Promote Apprenticeship: The federal government, along with various state and local governments, are taking the lead in developing a range of incentives to jumpstart new apprenticeship programs. For example, the Obama administration is making $100 million in American Apprenticeship grants available to launch new apprenticeships in high-growth fields—such as information technology, health care, and advanced manufacturing—and scale models that work. In Congress, Senators Booker and Scott have introduced the bipartisan LEAP Act, which boosts apprenticeships by providing businesses with a $1,000 tax credit for each apprentice they hire ($1,500 for apprentices under the age of 25). As policymakers look to develop financial incentives to promote apprenticeship, they should focus on sustaining high-quality initiatives as well as expanding opportunities in areas where the demand is highest.
- Address Misperceptions: The United Kingdom has had considerable success in improving the image of apprenticeship within a short period of time while maintaining the reputation of its world-class universities. A similar branding campaign may currently be beyond the scope of the U.S. government, but there is also much that can be done by states, local communities, and employers. Any effort must counter several misperceptions about apprenticeship: it is just training for “dirty jobs” (the work is challenging, rewarding, and generally “clean”), that you make little money (absolutely false), or that it leads to dead-end careers in dying industries (apprenticeship can be flexible, career-oriented, and adapted for high-tech sectors as well; similarly, they often come with a two-year college degree and transferable credits).

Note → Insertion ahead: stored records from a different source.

-- ===== src/Accounts/Guarded.antt =====
-- internal/web/security.go: what it takes to enable or disable the second factor or to change a
-- password, and what these do.
use azeroth_core_web.Base.{
  ℕ, ◌≡◌, ◌⊎◌, inl, inr, refl, sym, ap, ◌∙◌, Bool, true, false, Option, none, some, List, [], ◌∷◌,
  ◌++◌, map, append-nil, append_assoc, Text, if◌then◌else◌, arith, count_if,
}
use azeroth_core_web.Base.Counts.{delete_if-absorbs}
use azeroth_core_web.Db.{Conn, ok}
use azeroth_core_web.Db.Rules.{
  exec-bind, query-bind, update-bind, stop_if-bind, lift-bind, attempt-bind, pure_end, update_end,
  stop_if_end, branch,
}
use azeroth_core_web.Db.Atomic.{
  OnOk, AllOrNothing, Reads, after_reading, rebase, answered, transaction-AllOrNothing, OnOk-map,
  chain,
}
use azeroth_core_web.Http.{Problem, or_problem}
use azeroth_core_web.Accounts.{Accounts, Credential, RecoveryCode, Crypto}
use azeroth_core_web.Accounts.Recovery.{
  normalize_recovery_code, recovery_code_hash, generate_recovery_codes, is_code, insert_code,
  insert_codes, drop_code,
}
use azeroth_core_web.Accounts.Sessions.{account_of, auth}
use azeroth_core_web.Accounts.Security.{
  is_enabled, secret_of, is_current, owned_code, drop_codes, set_enabled, clear_secret, enable_body,
  security_totp_enable, spend_code, disable_body, security_totp_disable,
}

-- The caller has a session that has not expired, of an account that is neither locked nor banned.
abbrev pub IsCaller : Crypto → ℕ → Option Text → Accounts → Credential → Type 0
IsCaller lib now cookie s a =
    (value : Text) × (cookie ≡ some value) × (account_of (lib.sha256 value) now s ≡ some a)

or_problem_ok :
    {A : Type 0} (o : Option A) (p : Problem) (a : A) → or_problem o p ≡ ok a → o ≡ some a
or_problem_ok none p a h = cc
or_problem_ok (some b) p a h = cc

pub auth-Reads :
    (lib : Crypto) (now : ℕ) (cookie : Option Text) (c : Conn Accounts)
    → Reads c.tables (IsCaller lib now cookie c.tables) (auth lib now cookie c)
unfolding auth
auth-Reads lib now cookie c =
    let P =
      AllOrNothing {E = Problem} c.tables
        (λ (a : Credential) (t : Accounts). (t ≡ c.tables) × IsCaller lib now cookie c.tables a) in
    lift-bind P _ _ c (λ _ _. refl)
      λ value given. query-bind P _ _ _ _ refl λ a found.
        let caller : IsCaller lib now cookie c.tables a =
          (value, or_problem_ok cookie _ value given, found) in
        attempt-bind P _ _ _ (pure_end P _ _ (refl, caller)) (pure_end P _ _ (refl, caller))

-- What disabling takes and does: the authenticator was enabled, its code or one of the account's recovery
-- codes was given, and afterwards the account has neither secret nor recovery codes.
pub record IsDisabled (lib : Crypto) (key : Text) (now : ℕ) (cookie : Option Text) (code : Text)
    (s : Accounts) (t : Accounts) : Type 0 where
  pub account : Credential
  pub caller : IsCaller lib now cookie s account
  pub stored : Text
  pub enrolled : (is_enabled account.id s ≡ true) × (secret_of account.id s ≡ some stored)
  pub proved :
      (is_current lib key now stored code ≡ true)
      ⊎ (count_if
            (is_code account.id (recovery_code_hash lib (normalize_recovery_code code)))
            s.codes
          ≡ 1)
  pub cleared : t ≡ clear_secret account.id (drop_codes account.id s)

abbrev IsProved : Crypto → ℕ → Bool → Text → Accounts → Type 0
IsProved lib account totp_valid code s =
    (totp_valid ≡ true)
    ⊎ (count_if (is_code account (recovery_code_hash lib (normalize_recovery_code code))) s.codes
        ≡ 1)

code_is_owned :
    (account : ℕ) (hash : Text) (x : RecoveryCode)
    → is_code account hash x ≡ true
    → owned_code account x ≡ true
code_is_owned account hash x h = ground (arith, h)

drop_code_again :
    (account : ℕ) (hash : Text) (s : Accounts)
    → drop_codes account (drop_code account hash s) ≡ drop_codes account s
drop_code_again account hash s =
    ap (λ (x : List RecoveryCode). record s { codes = x })
      (delete_if-absorbs (is_code account hash) (owned_code account) s.codes
        (code_is_owned account hash))

spend_code-OnOk :
    (lib : Crypto) (account : ℕ) (code : Text) (c : Conn Accounts)
    → OnOk
        (λ _ t.
          (drop_codes account t ≡ drop_codes account c.tables)
          × IsProved lib account false code c.tables)
        (spend_code lib account code c)
unfolding spend_code
spend_code-OnOk lib account code c =
    let P = OnOk {E = Problem} (λ (_ : Unit {0}) (t : Accounts).
      (drop_codes account t ≡ drop_codes account c.tables)
      × IsProved lib account false code c.tables) in
    stop_if-bind P _ _ _ c (λ _. tt)
      λ _. update-bind P _ _ _ _ _ tt (
        stop_if_end P _ _ _ (λ _. tt)
          λ one. (drop_code_again account _ c.tables, inr (ground (arith, one))))

disable_body-OnOk :
    (lib : Crypto) (account : ℕ) (totp_valid : Bool) (code : Text) (c : Conn Accounts)
    → OnOk
        (λ _ t.
          (t ≡ clear_secret account (drop_codes account c.tables))
          × IsProved lib account totp_valid code c.tables)
        (disable_body lib account totp_valid code c)
unfolding disable_body
disable_body-OnOk lib account totp_valid code c =
    let R = λ (_ : Unit {0}) (t : Accounts).
      (drop_codes account t ≡ drop_codes account c.tables)
      × IsProved lib account totp_valid code c.tables in
    let Q = λ (_ : Unit {0}) (t : Accounts).
      (t ≡ clear_secret account (drop_codes account c.tables))
      × IsProved lib account totp_valid code c.tables in
    let P = OnOk {E = Problem} Q in
    chain R Q _ _ c
      (branch (OnOk {E = Problem} R) totp_valid _ _ c
        (λ valid. pure_end (OnOk {E = Problem} R) _ _ (refl, inl valid))
        (λ _. OnOk-map _ R _ (spend_code-OnOk lib account code c) (λ _ t (same, proved).
          (same, elim proved [ inl wrong ↦ absurd (ground arith) | inr one ↦ inr one ]))))
      (λ _ d (same, proved).
        update-bind P _ _ _ _ _ tt
          (update_end P _ _ _ _ tt (ap (λ t. clear_secret account t) same, proved)))

enabled_found :
    (account : ℕ) (s : Accounts) (stored : Text)
    → (if is_enabled account s then secret_of account s else none) ≡ some stored
    → (is_enabled account s ≡ true) × (secret_of account s ≡ some stored)
enabled_found account s stored h = (ground (arith, h), ground (arith, h))

-- Disabling is all or nothing. If it goes through, the caller is signed in, the authenticator was
-- enabled, its code of that time or one of the account's recovery codes was given, and
-- the secret and all recovery codes of the account are gone; if it stops, nothing has changed.
pub security_totp_disable-AllOrNothing :
    (lib : Crypto) (key : Text) (now : ℕ) (cookie : Option Text) (code : Text) (c : Conn Accounts)
    → AllOrNothing c.tables
        (λ _ t. IsDisabled lib key now cookie code c.tables t)
        (security_totp_disable lib key now cookie code c)
unfolding security_totp_disable
security_totp_disable-AllOrNothing lib key now cookie code c =
    let Q = λ (_ : Unit {0}) (t : Accounts). IsDisabled lib key now cookie code c.tables t in
    after_reading c.tables (IsCaller lib now cookie c.tables) Q _ _ c (auth-Reads lib now cookie c)
      λ a d same caller.
        let P = AllOrNothing {E = Problem} c.tables Q in
        query-bind P _ (λ s. if is_enabled a.id s then secret_of a.id s else none) _ d same
          λ stored found.
            let R = λ (_ : Unit {0}) (t : Accounts).
              (t ≡ clear_secret a.id (drop_codes a.id d.tables))
              × IsProved lib a.id (is_current lib key now stored code) code d.tables in
            rebase Q c.tables d.tables _ same (
              transaction-AllOrNothing Q _ _ _ _ (
                OnOk-map R Q _ (disable_body-OnOk lib a.id _ code _) λ _ t (done, proved). record {
                  account = a;
                  caller = caller;
                  stored = stored;
                  enrolled = enabled_found a.id c.tables stored (rw same at found);
                  proved = rw same at proved;
                  cleared = rw same at done;
                }))

-- A recovery code of an account, by its hash.
abbrev pub code_row : ℕ → Text → RecoveryCode
code_row account hash = record { account = account; code_hash = hash }

abbrev pub add_codes : ℕ → List Text → Accounts → Accounts
add_codes account hashes s = record s { codes = s.codes ++ map (code_row account) hashes }

insert_code_eq :
    (account : ℕ) (hash : Text) (s t : Accounts) (a : Unit {0})
    → insert_code account hash s ≡ some (a, t)
    → t ≡ add_codes account (hash ∷ []) s
unfolding insert_code
insert_code_eq account hash s t a h = ground (arith, h)

insert_codes-OnOk :
    (e : Problem) (account : ℕ) (hashes : List Text) (c : Conn Accounts)
    → OnOk (λ _ t. t ≡ add_codes account hashes c.tables) (insert_codes e account hashes c)
unfolding insert_codes
insert_codes-OnOk e account [] c =
    let P =
      OnOk {E = Problem} (λ (_ : Unit {0}) (t : Accounts). t ≡ add_codes account [] c.tables) in
    pure_end P _ _ (
      ap (λ (x : List RecoveryCode). record c.tables { codes = x })
        (sym (append-nil c.tables.codes)))
insert_codes-OnOk e account (hash ∷ hashes) c =
    let Q = λ (_ : Unit {0}) (t : Accounts). t ≡ add_codes account (hash ∷ hashes) c.tables in
    let P = OnOk {E = Problem} Q in
    exec-bind P _ _ _ c tt λ a t wrote.
      OnOk-map (λ (_ : Unit {0}) (u : Accounts). u ≡ add_codes account hashes t) Q _
        (insert_codes-OnOk e account hashes _)
        λ _ u done.
          let written : t ≡ add_codes account (hash ∷ []) c.tables =
            insert_code_eq account hash c.tables t a wrote in
          done
          ∙ rw written (
              ap (λ (x : List RecoveryCode). record c.tables { codes = x })
                (append_assoc c.tables.codes (code_row account hash ∷ [])
                  (map (code_row account) hashes)))

-- What enabling takes and does: the code of the enrolled secret was given, the authenticator is enabled and the
-- account's recovery codes are the new ones.
pub record IsEnabled (lib : Crypto) (key : Text) (now : ℕ) (cookie : Option Text) (code : Text)
    (raws : Option (List Text)) (s : Accounts) (shown : List Text) (t : Accounts) : Type 0 where
  pub account : Credential
  pub caller : IsCaller lib now cookie s account
  pub stored : Text
  pub enrolled : secret_of account.id s ≡ some stored
  pub proved : is_current lib key now stored code ≡ true
  pub random : List Text
  pub drawn : raws ≡ some random
  pub codes_shown : shown ≡ (generate_recovery_codes lib random).0
  pub renewed :
      t
      ≡ add_codes account.id
          (generate_recovery_codes lib random).1
          (drop_codes account.id (set_enabled account.id s))

enable_body-OnOk :
    (account : ℕ) (hashes : List Text) (c : Conn Accounts)
    → OnOk
        (λ _ t. t ≡ add_codes account hashes (drop_codes account (set_enabled account c.tables)))
        (enable_body account hashes c)
unfolding enable_body
enable_body-OnOk account hashes c =
    let P = OnOk {E = Problem} (λ (_ : Unit {0}) (t : Accounts).
      t ≡ add_codes account hashes (drop_codes account (set_enabled account c.tables))) in
    update-bind P _ _ _ _ _ tt (update-bind P _ _ _ _ _ tt (insert_codes-OnOk _ account hashes _))

-- Enabling is all or nothing. If it goes through, the caller is signed in, the code is the current one of
-- the stored secret, the authenticator is enabled and the account's recovery codes are exactly the hashes of
-- the codes shown; if the transaction or a check stops it, nothing has changed.
pub security_totp_enable-AllOrNothing :
    (lib : Crypto) (key : Text) (now : ℕ) (cookie : Option Text) (code : Text)
    (raws : Option (List Text)) (c : Conn Accounts)
    → AllOrNothing c.tables
        (IsEnabled lib key now cookie code raws c.tables)
        (security_totp_enable lib key now cookie code raws c)
unfolding security_totp_enable
security_totp_enable-AllOrNothing lib key now cookie code raws c =
    let Q = IsEnabled lib key now cookie code raws c.tables in
    after_reading c.tables (IsCaller lib now cookie c.tables) Q _ _ c (auth-Reads lib now cookie c)
      λ a d same caller.
        let P = AllOrNothing {E = Problem} c.tables Q in
        query-bind P _ (secret_of a.id) _ d same λ stored found.
          stop_if-bind P _ _ _ _ (λ _. same)
            λ proved.
              lift-bind P _ _ _ (λ _ _. same)
                λ random drawn.
                  let (shown, hashes) = generate_recovery_codes lib random in
                  let R = λ (_ : Unit {0}) (t : Accounts).
                    t ≡ add_codes a.id hashes (drop_codes a.id (set_enabled a.id d.tables)) in
                  answered c.tables (λ _ t. R tt t) Q shown _ _
                    (rebase (λ _ t. R tt t) c.tables d.tables _ same
                      (transaction-AllOrNothing (λ _ t. R tt t) _ _ _ _
                        (enable_body-OnOk a.id hashes _)))
                    λ _ t done. record {
                      account = a;
                      caller = caller;
                      stored = stored;
                      enrolled = rw same at found;
                      proved = ground (arith, proved);
                      random = random;
                      drawn = or_problem_ok raws _ random drawn;
                      codes_shown = refl;
                      renewed = rw same at done;
                    }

- Seek Bipartisan Support: Long-term investment in apprenticeship is an initiative that is ripe for bipartisan support. In European countries with robust apprenticeship systems, there is broad-based agreement between conservatives and liberals that people learn differently and that there need to be pathways to educate citizens to support all aspects of the economy. In the United States, states with Republican governors like in Iowa and South Carolina have expanded apprenticeship programs as a way of supporting businesses and job growth. For the Obama administration, apprenticeship is recognized as a way to address youth unemployment and stagnating middle-class wages. There is thus ample opportunity for a bipartisan approach that advances the promise of educating our youth for the jobs of today and tomorrow.